== Your instructions ==
Once you find the line containing "control_tip_length = (s.control_tip_length" in the data below, copy it and each following line exactly, up to and including the line containing "if s.closing", and nothing else.

== Recorded information ==
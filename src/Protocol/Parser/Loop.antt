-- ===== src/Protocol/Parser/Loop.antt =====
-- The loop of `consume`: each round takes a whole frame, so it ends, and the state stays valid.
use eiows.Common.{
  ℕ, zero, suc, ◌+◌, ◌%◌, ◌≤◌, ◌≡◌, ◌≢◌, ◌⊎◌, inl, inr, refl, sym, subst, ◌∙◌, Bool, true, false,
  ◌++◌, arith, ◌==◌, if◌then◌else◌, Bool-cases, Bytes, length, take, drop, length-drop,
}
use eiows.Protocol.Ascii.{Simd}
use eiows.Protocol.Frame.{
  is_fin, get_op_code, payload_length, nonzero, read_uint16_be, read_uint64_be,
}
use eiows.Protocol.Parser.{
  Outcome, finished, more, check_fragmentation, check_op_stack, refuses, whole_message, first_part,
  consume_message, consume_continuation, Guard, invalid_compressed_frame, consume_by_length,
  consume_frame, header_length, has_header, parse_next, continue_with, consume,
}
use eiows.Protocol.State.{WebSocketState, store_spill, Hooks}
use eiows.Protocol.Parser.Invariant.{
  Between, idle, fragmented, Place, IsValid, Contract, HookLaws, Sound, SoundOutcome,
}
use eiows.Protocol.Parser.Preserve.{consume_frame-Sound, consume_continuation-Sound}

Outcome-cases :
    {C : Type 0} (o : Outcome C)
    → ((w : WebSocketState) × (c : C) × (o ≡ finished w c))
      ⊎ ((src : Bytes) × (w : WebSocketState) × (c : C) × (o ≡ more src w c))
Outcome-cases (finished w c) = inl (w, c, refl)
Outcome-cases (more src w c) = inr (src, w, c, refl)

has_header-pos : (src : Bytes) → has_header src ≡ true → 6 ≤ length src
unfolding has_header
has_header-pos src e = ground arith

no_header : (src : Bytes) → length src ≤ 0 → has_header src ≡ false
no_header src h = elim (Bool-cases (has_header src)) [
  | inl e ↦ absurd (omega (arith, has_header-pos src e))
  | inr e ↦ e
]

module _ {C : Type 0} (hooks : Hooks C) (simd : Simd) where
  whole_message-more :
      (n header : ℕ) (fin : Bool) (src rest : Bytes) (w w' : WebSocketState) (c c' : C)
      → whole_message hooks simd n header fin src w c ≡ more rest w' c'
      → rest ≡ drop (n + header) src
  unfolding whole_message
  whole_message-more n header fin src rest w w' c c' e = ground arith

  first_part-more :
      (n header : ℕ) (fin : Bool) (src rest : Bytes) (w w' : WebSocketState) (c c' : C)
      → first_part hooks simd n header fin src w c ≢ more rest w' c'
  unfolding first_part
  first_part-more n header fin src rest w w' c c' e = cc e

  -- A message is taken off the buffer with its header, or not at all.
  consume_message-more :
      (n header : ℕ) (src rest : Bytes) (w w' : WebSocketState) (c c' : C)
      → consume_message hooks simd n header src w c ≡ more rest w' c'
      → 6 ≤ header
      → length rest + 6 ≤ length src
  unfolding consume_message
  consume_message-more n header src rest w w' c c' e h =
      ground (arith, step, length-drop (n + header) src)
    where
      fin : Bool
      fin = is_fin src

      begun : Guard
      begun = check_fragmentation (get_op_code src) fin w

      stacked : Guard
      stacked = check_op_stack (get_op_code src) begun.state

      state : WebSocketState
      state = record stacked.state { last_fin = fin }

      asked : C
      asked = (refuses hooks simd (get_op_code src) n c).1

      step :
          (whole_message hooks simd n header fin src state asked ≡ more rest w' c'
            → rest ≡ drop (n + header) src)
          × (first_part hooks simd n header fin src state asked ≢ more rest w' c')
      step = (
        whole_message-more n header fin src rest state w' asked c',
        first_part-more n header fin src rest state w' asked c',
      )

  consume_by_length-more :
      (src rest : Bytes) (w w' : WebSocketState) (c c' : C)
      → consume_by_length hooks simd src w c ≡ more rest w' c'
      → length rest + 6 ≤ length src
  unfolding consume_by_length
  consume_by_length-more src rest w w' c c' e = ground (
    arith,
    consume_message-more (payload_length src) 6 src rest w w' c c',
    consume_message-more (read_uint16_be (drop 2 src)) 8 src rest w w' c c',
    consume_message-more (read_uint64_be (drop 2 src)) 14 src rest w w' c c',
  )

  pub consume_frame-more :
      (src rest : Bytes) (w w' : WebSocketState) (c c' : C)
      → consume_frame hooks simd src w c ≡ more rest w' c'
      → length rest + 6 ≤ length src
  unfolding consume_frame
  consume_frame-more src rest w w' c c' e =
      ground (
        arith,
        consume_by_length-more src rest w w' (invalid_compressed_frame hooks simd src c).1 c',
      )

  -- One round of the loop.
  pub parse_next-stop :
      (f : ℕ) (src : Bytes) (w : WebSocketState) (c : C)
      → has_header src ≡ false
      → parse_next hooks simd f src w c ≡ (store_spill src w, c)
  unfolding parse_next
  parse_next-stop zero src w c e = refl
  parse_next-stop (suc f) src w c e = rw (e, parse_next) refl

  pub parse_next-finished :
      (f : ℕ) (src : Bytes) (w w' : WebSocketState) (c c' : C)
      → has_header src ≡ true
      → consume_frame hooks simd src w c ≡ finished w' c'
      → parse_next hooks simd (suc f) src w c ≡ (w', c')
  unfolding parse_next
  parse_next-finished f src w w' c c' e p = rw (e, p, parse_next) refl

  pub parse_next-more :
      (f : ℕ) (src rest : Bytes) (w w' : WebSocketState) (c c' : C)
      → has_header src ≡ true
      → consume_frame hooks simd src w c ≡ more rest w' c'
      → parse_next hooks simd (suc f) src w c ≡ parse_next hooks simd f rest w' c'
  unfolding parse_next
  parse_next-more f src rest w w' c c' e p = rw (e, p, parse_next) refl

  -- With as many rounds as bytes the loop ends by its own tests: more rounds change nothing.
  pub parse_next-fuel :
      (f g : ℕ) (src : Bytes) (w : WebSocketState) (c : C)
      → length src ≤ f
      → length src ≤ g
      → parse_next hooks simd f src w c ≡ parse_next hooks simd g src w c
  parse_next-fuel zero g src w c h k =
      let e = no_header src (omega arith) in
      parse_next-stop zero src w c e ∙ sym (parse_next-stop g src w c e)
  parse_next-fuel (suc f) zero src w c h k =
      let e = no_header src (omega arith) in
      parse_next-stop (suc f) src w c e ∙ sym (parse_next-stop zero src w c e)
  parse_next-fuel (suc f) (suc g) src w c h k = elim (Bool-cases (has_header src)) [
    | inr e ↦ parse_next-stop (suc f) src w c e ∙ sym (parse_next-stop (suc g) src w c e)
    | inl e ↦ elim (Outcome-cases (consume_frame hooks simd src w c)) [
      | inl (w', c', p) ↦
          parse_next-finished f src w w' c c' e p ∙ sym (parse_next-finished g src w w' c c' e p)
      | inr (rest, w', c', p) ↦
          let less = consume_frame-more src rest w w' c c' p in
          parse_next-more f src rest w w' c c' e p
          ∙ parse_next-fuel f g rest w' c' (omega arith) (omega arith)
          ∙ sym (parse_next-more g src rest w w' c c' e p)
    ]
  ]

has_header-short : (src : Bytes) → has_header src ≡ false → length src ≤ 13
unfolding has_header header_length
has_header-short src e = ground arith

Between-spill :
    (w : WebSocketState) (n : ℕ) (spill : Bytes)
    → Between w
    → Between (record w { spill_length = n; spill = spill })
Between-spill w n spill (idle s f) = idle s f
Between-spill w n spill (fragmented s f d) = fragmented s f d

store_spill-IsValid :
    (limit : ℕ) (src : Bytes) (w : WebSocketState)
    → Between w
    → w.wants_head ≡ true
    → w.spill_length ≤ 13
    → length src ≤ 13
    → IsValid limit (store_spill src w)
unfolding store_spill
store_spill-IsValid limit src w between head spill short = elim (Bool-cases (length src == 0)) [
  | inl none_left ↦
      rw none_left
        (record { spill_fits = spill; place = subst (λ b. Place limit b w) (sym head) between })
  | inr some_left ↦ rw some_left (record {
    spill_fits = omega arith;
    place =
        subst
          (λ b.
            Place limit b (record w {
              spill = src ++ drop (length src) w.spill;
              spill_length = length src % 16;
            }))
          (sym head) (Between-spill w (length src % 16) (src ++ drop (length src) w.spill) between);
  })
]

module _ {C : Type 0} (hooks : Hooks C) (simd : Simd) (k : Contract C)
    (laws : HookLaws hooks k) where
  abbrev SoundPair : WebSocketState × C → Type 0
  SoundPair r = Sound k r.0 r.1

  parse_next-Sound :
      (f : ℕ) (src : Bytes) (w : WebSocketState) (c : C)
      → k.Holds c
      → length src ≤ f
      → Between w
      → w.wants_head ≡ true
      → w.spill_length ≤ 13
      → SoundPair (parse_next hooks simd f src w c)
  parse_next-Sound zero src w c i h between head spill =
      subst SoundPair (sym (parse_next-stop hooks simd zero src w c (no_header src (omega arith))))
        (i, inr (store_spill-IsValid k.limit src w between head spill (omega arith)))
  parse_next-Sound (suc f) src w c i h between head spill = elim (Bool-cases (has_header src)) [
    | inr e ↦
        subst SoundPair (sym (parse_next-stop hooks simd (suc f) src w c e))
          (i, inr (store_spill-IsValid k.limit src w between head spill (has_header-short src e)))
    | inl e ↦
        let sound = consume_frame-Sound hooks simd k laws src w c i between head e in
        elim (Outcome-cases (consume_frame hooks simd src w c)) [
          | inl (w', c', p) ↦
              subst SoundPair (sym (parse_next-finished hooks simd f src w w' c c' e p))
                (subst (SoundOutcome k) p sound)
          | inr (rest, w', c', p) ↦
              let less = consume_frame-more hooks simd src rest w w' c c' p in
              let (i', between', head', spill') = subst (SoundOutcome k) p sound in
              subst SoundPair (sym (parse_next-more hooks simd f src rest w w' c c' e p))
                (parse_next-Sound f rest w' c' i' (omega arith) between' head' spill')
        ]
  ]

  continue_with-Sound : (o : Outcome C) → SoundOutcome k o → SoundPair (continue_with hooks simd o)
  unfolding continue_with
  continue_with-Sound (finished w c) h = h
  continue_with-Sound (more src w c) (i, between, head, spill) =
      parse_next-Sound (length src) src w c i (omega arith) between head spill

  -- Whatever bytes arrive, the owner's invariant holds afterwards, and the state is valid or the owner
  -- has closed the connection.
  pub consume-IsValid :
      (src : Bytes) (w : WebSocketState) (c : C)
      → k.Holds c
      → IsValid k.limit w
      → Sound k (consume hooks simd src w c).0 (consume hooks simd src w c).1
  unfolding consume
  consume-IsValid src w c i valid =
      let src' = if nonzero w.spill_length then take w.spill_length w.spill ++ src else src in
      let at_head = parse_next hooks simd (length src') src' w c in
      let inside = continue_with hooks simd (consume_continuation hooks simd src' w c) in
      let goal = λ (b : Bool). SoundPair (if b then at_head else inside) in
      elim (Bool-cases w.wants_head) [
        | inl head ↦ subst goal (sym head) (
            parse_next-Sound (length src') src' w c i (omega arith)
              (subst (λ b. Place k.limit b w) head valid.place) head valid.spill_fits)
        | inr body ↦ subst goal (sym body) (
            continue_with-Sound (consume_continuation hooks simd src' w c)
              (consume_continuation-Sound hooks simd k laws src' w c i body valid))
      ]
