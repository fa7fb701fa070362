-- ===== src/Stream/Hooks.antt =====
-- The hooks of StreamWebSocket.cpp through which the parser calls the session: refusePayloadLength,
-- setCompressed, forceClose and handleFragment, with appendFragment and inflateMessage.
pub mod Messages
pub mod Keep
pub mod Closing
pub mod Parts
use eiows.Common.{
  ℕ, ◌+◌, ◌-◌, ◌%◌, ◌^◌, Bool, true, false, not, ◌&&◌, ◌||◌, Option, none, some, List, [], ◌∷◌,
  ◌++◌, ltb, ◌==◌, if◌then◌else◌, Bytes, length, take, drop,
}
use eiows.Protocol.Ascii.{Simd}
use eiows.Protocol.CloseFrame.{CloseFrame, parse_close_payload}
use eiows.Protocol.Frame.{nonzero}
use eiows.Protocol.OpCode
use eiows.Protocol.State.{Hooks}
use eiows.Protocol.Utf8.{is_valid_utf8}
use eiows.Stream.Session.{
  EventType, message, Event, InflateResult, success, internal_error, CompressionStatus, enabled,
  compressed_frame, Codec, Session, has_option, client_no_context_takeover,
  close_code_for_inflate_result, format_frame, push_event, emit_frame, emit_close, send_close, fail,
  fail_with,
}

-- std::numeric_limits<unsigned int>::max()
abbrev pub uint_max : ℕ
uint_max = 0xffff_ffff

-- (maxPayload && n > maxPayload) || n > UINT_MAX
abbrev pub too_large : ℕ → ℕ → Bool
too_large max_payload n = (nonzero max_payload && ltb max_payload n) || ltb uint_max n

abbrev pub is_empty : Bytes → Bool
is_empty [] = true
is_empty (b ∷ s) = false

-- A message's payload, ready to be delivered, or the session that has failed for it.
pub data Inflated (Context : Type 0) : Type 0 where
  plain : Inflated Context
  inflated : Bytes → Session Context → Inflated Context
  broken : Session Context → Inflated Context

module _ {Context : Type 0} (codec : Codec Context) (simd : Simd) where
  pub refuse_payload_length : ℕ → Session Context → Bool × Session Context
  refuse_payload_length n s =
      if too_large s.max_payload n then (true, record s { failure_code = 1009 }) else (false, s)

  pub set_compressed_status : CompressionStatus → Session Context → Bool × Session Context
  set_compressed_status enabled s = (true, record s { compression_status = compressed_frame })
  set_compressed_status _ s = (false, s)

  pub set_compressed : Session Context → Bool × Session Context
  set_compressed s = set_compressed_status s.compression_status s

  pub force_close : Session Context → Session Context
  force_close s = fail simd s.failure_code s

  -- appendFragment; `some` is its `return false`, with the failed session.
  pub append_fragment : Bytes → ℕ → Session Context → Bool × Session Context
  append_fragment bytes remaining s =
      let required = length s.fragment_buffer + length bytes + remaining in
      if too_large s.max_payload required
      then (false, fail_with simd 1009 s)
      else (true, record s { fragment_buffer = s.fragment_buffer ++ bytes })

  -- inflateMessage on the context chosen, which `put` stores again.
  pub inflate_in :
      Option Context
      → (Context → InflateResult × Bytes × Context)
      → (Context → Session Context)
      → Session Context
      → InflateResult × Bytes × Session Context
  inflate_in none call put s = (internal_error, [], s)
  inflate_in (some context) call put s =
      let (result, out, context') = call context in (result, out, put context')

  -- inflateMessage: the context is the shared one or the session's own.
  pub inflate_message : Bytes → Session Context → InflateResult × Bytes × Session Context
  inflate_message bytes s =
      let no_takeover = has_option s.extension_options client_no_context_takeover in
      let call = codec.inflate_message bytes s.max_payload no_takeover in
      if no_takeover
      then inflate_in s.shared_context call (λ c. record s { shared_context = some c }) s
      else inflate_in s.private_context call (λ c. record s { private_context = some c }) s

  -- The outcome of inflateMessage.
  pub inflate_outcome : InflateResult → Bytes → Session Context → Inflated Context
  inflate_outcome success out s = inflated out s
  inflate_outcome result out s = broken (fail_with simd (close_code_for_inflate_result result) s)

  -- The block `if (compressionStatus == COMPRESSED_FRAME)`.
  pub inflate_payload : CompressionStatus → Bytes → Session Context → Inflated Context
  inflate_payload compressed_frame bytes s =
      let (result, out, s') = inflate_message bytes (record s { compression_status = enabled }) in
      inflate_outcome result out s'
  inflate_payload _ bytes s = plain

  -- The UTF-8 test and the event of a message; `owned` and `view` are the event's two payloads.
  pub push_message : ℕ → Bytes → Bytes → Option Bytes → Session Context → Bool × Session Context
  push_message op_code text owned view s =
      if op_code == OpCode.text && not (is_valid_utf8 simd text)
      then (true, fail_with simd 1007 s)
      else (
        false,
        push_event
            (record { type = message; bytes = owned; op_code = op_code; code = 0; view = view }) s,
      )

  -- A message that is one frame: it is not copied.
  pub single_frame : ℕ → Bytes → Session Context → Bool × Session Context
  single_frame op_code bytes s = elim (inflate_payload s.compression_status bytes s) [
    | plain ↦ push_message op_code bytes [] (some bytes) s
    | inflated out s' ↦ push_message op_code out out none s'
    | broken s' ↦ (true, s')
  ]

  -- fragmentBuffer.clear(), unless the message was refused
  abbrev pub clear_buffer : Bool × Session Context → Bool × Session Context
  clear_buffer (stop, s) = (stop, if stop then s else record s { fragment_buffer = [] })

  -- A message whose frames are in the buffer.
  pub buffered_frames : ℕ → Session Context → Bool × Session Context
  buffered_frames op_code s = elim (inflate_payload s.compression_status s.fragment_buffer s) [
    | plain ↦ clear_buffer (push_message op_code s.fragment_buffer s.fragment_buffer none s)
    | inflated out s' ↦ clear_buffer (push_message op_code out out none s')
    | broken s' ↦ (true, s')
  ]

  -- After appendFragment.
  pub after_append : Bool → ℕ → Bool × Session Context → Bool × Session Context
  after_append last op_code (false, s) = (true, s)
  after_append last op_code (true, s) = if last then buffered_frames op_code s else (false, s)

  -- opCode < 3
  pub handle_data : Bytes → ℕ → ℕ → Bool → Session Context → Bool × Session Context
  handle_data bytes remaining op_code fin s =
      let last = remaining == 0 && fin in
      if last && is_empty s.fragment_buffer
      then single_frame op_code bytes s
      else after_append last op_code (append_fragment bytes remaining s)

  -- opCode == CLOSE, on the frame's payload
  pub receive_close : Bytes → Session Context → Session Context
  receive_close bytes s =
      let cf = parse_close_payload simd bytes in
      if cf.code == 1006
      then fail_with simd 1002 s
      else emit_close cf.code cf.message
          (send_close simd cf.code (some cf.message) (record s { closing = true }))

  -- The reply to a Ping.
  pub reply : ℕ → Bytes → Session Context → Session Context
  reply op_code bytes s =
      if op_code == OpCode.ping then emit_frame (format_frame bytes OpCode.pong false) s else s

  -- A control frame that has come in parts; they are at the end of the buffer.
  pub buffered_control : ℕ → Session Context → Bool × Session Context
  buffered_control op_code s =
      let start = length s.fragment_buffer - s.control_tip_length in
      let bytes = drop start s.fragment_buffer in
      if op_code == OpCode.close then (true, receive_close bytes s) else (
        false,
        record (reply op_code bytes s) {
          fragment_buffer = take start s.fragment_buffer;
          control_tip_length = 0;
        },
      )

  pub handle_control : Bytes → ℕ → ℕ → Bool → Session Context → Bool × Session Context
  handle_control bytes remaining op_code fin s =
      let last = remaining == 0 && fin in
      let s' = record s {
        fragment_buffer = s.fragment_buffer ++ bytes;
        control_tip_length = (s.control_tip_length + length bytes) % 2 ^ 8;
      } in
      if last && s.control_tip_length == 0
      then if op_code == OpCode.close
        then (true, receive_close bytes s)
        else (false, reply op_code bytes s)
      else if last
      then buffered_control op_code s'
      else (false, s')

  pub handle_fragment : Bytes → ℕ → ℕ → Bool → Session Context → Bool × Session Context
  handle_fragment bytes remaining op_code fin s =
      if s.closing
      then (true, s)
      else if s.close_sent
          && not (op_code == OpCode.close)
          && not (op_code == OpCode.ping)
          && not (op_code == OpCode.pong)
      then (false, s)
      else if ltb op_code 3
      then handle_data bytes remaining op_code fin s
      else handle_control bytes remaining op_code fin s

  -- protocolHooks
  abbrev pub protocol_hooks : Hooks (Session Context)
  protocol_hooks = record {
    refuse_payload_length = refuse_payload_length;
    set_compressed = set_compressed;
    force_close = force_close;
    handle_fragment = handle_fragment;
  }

== Task response ==
        control_tip_length = (s.control_tip_length + length bytes) % 2 ^ 8;
      } in
      if last && s.control_tip_length == 0
      then if op_code == OpCode.close
        then (true, receive_close bytes s)
        else (false, reply op_code bytes s)
      else if last
      then buffered_control op_code s'
      else (false, s')

  pub handle_fragment : Bytes → ℕ → ℕ → Bool → Session Context → Bool × Session Context
  handle_fragment bytes remaining op_code fin s =
      if s.closing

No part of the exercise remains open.